[PROBLEM REQUIREMENTS]:
From the records below, print exactly the lines starting at the one containing "line_then op ec found" and ending at the one containing "accepted = update", ends included, and nothing else.

________________

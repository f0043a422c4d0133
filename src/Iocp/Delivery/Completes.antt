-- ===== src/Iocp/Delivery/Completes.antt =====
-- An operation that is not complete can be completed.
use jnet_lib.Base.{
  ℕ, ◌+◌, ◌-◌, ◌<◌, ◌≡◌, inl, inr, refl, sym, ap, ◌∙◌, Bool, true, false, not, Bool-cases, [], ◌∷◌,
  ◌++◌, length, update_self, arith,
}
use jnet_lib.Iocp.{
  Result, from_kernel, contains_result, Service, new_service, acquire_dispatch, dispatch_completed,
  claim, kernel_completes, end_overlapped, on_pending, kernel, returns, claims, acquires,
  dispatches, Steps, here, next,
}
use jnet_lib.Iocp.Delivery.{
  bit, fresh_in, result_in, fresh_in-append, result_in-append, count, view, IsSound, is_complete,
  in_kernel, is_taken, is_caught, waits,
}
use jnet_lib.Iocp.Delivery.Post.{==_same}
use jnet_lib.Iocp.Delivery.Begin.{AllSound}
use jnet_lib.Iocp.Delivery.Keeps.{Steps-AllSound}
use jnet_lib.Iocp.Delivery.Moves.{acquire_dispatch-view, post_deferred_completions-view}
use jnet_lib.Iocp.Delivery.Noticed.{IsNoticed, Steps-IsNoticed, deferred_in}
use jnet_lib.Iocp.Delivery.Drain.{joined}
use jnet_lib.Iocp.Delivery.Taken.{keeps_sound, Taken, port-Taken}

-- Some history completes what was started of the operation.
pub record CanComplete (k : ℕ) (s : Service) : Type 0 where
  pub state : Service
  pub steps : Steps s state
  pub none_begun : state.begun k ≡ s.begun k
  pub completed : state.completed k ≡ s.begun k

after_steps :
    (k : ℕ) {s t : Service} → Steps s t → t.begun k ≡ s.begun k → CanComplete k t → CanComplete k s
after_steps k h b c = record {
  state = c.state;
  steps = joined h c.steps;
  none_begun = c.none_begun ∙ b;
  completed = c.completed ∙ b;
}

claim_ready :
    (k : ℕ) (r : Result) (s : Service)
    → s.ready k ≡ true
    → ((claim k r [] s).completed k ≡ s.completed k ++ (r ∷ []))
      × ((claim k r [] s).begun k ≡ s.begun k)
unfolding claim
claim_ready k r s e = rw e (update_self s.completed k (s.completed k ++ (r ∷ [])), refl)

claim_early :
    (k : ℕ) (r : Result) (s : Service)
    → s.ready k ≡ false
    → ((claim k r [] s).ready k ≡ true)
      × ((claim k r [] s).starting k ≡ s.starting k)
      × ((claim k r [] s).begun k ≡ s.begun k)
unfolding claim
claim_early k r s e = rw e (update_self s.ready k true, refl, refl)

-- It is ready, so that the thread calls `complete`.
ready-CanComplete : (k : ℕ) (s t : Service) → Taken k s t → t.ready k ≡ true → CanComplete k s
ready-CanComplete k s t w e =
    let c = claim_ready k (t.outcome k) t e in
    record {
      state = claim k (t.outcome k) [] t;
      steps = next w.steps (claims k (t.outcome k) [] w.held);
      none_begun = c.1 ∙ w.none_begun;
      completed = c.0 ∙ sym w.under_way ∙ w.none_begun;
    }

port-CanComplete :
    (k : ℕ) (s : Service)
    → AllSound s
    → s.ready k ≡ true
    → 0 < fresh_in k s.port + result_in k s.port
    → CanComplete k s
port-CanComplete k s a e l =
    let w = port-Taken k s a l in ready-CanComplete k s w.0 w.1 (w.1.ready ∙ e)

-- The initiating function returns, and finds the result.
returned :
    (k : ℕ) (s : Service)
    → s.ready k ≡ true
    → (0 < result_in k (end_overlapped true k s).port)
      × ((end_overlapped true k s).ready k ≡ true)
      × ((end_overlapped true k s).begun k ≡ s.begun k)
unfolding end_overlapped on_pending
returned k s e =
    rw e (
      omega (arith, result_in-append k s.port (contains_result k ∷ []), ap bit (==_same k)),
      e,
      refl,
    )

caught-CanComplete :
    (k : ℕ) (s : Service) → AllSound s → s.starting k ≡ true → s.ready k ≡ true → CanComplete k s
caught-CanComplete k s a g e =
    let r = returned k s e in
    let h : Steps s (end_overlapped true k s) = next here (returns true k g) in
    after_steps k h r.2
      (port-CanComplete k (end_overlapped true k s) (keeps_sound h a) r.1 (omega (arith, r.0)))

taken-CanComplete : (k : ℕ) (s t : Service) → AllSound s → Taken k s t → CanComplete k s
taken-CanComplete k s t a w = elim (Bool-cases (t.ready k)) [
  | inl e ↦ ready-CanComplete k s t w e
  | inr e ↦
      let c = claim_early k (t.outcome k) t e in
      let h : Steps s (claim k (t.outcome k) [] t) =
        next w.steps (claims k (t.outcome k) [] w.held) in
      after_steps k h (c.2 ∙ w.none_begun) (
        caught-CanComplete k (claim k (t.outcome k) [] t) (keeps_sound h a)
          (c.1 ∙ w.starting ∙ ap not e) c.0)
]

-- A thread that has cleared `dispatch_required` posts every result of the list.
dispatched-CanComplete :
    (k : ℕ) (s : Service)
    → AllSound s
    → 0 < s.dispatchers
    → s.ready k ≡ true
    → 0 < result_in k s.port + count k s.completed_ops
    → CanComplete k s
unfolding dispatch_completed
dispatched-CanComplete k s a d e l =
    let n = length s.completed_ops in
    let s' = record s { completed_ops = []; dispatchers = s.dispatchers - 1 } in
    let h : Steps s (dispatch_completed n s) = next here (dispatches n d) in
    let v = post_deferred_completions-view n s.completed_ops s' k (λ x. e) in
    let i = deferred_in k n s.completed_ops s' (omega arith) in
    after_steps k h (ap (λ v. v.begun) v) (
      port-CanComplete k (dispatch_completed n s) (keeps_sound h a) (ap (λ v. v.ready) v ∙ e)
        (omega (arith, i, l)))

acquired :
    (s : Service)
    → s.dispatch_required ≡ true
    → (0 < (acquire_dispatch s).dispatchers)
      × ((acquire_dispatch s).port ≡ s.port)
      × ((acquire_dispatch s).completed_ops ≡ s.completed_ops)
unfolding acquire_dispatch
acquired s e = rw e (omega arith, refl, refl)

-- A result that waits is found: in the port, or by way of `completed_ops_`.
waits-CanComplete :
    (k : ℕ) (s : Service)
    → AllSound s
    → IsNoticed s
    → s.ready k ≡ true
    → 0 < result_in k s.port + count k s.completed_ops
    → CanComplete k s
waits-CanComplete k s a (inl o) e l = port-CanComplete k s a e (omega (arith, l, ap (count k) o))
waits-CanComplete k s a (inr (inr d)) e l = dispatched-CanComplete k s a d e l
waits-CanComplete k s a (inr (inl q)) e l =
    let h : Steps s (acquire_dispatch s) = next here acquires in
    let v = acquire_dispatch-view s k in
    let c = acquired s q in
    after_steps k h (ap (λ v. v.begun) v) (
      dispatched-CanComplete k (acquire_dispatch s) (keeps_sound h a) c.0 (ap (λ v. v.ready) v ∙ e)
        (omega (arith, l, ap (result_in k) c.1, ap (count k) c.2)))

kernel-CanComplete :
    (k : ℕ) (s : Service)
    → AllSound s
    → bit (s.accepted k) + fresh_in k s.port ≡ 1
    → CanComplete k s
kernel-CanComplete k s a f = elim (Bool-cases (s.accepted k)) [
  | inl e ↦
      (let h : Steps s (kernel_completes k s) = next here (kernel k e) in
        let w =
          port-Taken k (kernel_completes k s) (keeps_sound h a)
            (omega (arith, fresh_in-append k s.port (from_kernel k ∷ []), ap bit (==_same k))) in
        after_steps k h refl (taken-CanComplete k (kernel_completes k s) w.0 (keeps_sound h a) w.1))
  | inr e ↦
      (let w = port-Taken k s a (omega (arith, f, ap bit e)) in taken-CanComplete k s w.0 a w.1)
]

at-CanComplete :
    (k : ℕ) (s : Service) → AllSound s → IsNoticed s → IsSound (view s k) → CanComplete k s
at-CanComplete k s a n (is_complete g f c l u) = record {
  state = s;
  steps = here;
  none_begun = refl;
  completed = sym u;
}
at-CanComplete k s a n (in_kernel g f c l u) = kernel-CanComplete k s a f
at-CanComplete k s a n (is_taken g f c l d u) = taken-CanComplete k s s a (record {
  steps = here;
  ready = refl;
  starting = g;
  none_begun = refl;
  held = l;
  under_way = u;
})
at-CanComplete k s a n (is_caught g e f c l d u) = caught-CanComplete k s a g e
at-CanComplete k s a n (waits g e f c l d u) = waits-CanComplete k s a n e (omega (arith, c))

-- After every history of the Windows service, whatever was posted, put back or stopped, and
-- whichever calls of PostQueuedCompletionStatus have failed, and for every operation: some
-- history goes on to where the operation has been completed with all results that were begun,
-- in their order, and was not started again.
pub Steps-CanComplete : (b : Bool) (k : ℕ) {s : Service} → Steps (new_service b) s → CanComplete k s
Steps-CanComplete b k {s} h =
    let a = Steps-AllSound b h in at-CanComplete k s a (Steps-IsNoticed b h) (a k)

________________

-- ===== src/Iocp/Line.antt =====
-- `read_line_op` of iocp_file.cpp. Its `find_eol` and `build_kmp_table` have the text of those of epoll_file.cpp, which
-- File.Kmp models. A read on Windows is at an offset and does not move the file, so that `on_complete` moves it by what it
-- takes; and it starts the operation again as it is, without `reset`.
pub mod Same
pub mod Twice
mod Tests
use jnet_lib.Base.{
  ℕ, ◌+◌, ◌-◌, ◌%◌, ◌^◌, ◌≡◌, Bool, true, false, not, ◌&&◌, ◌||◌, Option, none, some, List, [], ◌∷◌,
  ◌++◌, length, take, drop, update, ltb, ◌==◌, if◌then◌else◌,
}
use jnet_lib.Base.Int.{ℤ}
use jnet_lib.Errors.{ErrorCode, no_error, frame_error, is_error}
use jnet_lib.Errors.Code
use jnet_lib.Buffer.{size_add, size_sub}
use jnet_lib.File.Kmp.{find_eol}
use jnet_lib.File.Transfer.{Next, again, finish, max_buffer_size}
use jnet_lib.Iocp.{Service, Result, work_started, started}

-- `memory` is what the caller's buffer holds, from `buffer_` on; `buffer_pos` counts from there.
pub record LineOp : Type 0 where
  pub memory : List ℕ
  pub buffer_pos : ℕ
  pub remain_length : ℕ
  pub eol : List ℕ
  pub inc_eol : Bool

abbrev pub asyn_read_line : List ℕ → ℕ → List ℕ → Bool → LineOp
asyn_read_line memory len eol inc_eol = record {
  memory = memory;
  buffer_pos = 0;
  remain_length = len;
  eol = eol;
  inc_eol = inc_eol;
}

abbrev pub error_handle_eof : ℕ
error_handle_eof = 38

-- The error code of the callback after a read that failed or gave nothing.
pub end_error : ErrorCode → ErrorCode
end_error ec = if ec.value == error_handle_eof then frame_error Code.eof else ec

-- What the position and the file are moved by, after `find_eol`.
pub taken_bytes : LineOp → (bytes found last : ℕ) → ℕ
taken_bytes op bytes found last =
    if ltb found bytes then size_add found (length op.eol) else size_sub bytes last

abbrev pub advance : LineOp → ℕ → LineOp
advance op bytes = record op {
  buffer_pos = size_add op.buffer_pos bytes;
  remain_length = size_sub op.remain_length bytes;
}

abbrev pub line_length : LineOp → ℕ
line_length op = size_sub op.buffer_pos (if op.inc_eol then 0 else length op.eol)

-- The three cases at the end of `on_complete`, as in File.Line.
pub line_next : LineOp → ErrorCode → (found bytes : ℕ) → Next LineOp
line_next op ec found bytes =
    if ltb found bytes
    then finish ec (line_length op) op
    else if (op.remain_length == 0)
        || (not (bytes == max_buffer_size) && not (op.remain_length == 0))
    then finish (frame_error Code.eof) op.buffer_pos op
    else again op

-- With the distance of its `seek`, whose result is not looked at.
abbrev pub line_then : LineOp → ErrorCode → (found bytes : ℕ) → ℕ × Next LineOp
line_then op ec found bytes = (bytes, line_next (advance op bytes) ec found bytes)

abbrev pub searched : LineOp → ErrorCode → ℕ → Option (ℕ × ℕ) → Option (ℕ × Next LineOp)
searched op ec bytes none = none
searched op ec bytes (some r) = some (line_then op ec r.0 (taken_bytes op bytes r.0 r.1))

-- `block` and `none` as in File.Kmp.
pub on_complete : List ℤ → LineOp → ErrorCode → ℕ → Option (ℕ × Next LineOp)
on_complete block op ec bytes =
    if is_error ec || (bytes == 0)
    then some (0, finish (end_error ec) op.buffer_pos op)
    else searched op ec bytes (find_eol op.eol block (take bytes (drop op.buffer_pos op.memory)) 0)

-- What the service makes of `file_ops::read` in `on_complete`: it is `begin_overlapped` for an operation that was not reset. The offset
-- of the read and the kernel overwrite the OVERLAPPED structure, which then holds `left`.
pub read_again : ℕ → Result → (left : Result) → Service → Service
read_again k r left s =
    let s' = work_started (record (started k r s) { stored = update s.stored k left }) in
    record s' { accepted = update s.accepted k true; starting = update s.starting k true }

________________

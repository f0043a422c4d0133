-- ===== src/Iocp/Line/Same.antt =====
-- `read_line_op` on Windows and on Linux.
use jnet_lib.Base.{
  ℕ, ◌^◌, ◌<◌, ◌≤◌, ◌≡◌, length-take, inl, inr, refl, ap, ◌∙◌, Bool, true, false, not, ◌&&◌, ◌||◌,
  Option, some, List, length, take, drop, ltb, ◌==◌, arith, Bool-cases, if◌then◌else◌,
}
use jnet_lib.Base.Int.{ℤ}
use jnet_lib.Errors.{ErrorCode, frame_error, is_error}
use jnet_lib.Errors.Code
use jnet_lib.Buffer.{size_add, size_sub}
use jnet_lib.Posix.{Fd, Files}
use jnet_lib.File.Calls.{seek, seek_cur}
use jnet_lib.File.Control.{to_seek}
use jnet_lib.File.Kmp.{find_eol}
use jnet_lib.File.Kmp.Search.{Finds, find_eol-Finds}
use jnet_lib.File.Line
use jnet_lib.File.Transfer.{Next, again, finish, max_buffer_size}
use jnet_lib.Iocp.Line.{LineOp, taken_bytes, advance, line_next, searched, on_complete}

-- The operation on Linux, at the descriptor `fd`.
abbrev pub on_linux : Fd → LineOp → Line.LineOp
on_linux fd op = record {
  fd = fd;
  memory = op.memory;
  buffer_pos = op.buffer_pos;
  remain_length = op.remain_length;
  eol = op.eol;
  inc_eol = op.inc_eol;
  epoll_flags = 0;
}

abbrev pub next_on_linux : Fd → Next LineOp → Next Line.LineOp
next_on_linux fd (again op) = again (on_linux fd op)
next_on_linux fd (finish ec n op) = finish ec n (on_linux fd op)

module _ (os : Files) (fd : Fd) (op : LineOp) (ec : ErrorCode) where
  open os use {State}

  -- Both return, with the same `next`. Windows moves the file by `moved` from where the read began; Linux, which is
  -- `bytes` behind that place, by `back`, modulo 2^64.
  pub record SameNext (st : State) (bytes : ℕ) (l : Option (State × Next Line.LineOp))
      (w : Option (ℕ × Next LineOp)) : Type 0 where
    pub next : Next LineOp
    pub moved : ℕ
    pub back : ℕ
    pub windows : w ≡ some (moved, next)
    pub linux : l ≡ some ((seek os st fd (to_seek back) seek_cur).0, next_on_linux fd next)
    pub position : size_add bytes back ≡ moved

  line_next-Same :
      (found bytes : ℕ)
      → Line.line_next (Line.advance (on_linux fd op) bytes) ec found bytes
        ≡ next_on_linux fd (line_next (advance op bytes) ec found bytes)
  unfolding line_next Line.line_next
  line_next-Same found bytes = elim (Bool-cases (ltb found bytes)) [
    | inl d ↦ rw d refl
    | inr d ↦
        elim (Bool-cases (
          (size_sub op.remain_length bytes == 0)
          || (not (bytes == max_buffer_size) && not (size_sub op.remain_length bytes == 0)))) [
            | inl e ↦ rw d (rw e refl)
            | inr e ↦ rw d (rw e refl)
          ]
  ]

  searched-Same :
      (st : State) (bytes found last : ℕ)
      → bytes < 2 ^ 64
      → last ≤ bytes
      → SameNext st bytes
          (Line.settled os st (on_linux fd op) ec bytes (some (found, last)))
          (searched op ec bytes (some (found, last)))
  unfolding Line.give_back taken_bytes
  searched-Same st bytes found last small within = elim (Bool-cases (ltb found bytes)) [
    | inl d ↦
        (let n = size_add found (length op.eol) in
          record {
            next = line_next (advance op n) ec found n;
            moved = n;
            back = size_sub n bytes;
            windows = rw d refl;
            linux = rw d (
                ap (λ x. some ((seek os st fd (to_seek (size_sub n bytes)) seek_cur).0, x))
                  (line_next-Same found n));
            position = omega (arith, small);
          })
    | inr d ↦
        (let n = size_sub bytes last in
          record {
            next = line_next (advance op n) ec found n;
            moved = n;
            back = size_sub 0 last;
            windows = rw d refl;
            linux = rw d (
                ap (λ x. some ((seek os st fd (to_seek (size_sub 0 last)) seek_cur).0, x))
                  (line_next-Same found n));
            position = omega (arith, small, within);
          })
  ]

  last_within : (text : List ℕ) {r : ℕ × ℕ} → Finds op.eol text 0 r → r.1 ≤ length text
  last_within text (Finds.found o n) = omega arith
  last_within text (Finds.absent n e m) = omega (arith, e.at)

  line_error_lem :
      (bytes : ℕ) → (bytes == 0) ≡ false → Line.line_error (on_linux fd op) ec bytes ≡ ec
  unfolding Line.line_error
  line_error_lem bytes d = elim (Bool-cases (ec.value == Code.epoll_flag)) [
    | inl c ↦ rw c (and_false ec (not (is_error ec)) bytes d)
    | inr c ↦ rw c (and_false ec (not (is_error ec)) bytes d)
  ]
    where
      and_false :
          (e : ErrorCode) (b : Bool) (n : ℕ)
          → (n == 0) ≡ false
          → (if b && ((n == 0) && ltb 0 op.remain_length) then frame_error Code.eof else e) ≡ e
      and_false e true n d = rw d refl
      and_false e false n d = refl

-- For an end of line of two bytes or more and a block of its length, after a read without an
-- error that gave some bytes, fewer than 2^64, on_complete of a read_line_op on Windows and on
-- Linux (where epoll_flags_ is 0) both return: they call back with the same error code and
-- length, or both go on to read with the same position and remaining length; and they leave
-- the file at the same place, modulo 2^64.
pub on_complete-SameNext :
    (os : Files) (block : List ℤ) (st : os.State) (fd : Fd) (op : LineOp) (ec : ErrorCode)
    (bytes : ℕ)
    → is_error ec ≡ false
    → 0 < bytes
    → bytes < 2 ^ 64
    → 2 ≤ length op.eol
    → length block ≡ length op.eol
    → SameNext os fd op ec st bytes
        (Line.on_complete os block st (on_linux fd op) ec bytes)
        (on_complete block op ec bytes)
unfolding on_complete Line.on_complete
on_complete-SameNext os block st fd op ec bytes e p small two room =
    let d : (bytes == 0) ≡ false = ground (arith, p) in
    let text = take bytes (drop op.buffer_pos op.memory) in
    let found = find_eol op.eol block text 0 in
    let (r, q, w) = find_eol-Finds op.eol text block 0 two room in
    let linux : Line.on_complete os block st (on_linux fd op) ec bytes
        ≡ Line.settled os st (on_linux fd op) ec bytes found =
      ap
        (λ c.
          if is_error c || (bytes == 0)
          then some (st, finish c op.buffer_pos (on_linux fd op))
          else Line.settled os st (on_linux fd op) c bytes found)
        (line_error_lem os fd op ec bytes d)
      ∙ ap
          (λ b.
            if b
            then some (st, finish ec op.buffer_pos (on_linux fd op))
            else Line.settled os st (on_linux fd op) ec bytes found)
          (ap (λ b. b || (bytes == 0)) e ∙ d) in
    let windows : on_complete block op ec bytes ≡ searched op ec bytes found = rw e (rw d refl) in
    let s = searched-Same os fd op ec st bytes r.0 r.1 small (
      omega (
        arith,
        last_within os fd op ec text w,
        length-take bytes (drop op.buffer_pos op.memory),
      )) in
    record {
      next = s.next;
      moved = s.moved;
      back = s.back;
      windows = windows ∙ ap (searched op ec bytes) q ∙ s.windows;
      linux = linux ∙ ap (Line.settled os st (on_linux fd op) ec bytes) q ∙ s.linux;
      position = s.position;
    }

________________

[OUTPUT OF THE TASK]:
line_then op ec found bytes = (bytes, line_next (advance op bytes) ec found bytes)

abbrev pub searched : LineOp → ErrorCode → ℕ → Option (ℕ × ℕ) → Option (ℕ × Next LineOp)
searched op ec bytes none = none
searched op ec bytes (some r) = some (line_then op ec r.0 (taken_bytes op bytes r.0 r.1))

-- `block` and `none` as in File.Kmp.
pub on_complete : List ℤ → LineOp → ErrorCode → ℕ → Option (ℕ × Next LineOp)
on_complete block op ec bytes =
    if is_error ec || (bytes == 0)
    then some (0, finish (end_error ec) op.buffer_pos op)
    else searched op ec bytes (find_eol op.eol block (take bytes (drop op.buffer_pos op.memory)) 0)

-- What the service makes of `file_ops::read` in `on_complete`: it is `begin_overlapped` for an operation that was not reset. The offset
-- of the read and the kernel overwrite the OVERLAPPED structure, which then holds `left`.
pub read_again : ℕ → Result → (left : Result) → Service → Service
read_again k r left s =
    let s' = work_started (record (started k r s) { stored = update s.stored k left }) in
    record s' { accepted = update s.accepted k true; starting = update s.starting k true }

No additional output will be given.